From the Global Health Policy Community
- Senate Hearing Scheduled For Global AIDS Coordinator Nominee Deborah Birx
“A U.S. Senate Committee on Foreign Relations hearing on the nomination of Dr. Deborah Birx to be the next Ambassador at Large and U.S. Global AIDS Coordinator has been scheduled for March 6, at 2 p.m.,” the Center for Global Health Policy’s “Science Speaks” blog reports. “…The hearing, which will take place in the Senate Dirksen Building, room 419 will be webcast live at this page. Senator Ed Markey (D-Mass) will preside over the hearing” (Barton, 2/28).
- USAID, P&G Launch Clean Drinking Water, Health Projects In Myanmar
USAID “Administrator Rajiv Shah [on Thursday] helped deliver the first liter of clean drinking water under the Global Development Alliance (GDA) between the U.S. Agency for International Development (USAID) and Procter & Gamble (P&G) to improve health in [Myanmar]. … Over the next two years, USAID and P&G intend to make joint investments of at least $2 million on health projects aimed at providing clean drinking water through provision of P&G Purifier of Water packets; promoting better hygiene behaviors; and building capacity to deliver improved health services to mothers and children. Population Services International (PSI) will implement these projects in-country…,” a P&G press release states (2/28).

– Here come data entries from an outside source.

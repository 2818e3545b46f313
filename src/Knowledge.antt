-- ===== src/Knowledge.antt =====
-- server/services/knowledge/chunker.ts: cutting a document into the pieces that are embedded. A text
-- is the list of its code units; which code points are marks and which are white space is a parameter.
pub mod Boundary
pub mod Cuts
pub mod Chunker
mod Tests
use whatsapp_os.Prelude.{
  ℕ, zero, suc, ◌+◌, ◌-◌, ◌*◌, ◌/◌, Bool, true, false, ◌&&◌, ◌||◌, List, [], ◌∷◌, Option, none,
  some, length, leb, if◌then◌else◌,
}

abbrev pub Text : Type 0
Text = List ℕ

-- `\p{M}` and `\s`, as the runtime has them.
pub record Unicode : Type 0 where
  pub is_mark : ℕ → Bool
  pub is_space : ℕ → Bool

pub record Budget : Type 0 where
  pub target_chars : ℕ
  pub max_chars : ℕ
  pub overlap_chars : ℕ
  pub min_chars : ℕ

pub record Span : Type 0 where
  pub start : ℕ
  pub end : ℕ

pub record KnowledgeChunkDraft : Type 0 where
  pub position : ℕ
  pub content : Text
  pub token_count : ℕ

pub data KnowledgeFailure : Type 0 where
  content_empty : KnowledgeFailure
  content_too_large : KnowledgeFailure

-- `text[index]`
abbrev pub unit_at : Text → ℕ → Option ℕ
unit_at [] index = none
unit_at (c ∷ cs) zero = some c
unit_at (c ∷ cs) (suc index) = unit_at cs index

-- `text[index - 1]`
abbrev pub unit_before : Text → ℕ → Option ℕ
unit_before text zero = none
unit_before text (suc index) = unit_at text index

abbrev pub passes : (ℕ → Bool) → Option ℕ → Bool
passes test none = false
passes test (some c) = test c

abbrev pub is_in_range : ℕ → ℕ → ℕ → Bool
is_in_range first last code_point = leb first code_point && leb code_point last

abbrev pub is_leading : ℕ → Bool
is_leading = is_in_range 0xd800 0xdbff

abbrev pub is_trailing : ℕ → Bool
is_trailing = is_in_range 0xdc00 0xdfff

abbrev pub joined : ℕ → ℕ → ℕ
joined leading trailing = (leading - 0xd800) * 0x400 + (trailing - 0xdc00) + 0x10000

-- `charCodeAt` gives no number only past the end, where nothing asks.
unfoldable pub code_point_before : Text → ℕ → Option ℕ
code_point_before text index = elim (unit_before text index) [
  | none ↦ none
  | some trailing ↦ elim (unit_before text (index - 1)) [
    | none ↦ some trailing
    | some leading ↦
        if is_trailing trailing && is_leading leading
        then some (joined leading trailing)
        else some trailing
  ]
]

-- `text.codePointAt(index)`
unfoldable pub code_point_at : Text → ℕ → Option ℕ
code_point_at text index = elim (unit_at text index) [
  | none ↦ none
  | some leading ↦ elim (unit_at text (suc index)) [
    | none ↦ some leading
    | some trailing ↦
        if is_leading leading && is_trailing trailing
        then some (joined leading trailing)
        else some leading
  ]
]

-- `Math.ceil(text.length / APPROX_CHARS_PER_TOKEN)`
unfoldable pub estimate_tokens : Text → ℕ
estimate_tokens text = (length text + 3) / 4

pub data ChunkSource : Type 0 where
  text : Text → ChunkSource
  faq : Text → Text → ChunkSource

- CDC Blog Discusses Link Between HIV, Maternal Health In Africa
Writing in the CDC’s “Our Global Voices” blog, Isabella Danel of the CDC Division of Reproductive Health discusses progress in improving maternal health in Africa and the impact that HIV has on maternal mortality. “…The HIV epidemic is an important reason maternal mortality has not decreased much — or has even increased. That much is clear and it’s the reason CDC and other partners are re-doubling efforts to better understand and overcome the complex mix of medical, cultural, and institutional forces that will have to be addressed if pregnant women living with HIV are to survive…” (3/3).
- Near East, North Africa Governments Conclude FAO Regional Conference
“Governments from the Near East and North Africa [on Friday] wrapped up a five-day meeting on regional food security challenges pledging enhanced cooperation to tackle the critical issues of water management, food waste and building more resilient rural communities. In a final report, the 32nd FAO regional conference for the Near East and North Africa endorsed three key proposals tabled during the talks…,” a press release from the Food and Agriculture Organization reports (2/28).
- 'Science Speaks' Blog Discusses WHO Consolidated Guidelines Supplement on HIV
The Center for Global Health Policy “Science Speaks” blog discusses the WHO launch of the March 2014 Supplement to the 2013 Consolidated Guidelines on the Use of Antiretroviral Drugs for Treating and Preventing HIV Infection. The supplement provides “responses to the guidelines to date … highlights trends to help countries forecast their procurement needs … [and] adds new information about strategies for diagnosing HIV infection among infants to expedite antiretroviral treatment initiation,” among other things (Lubinski, 3/3).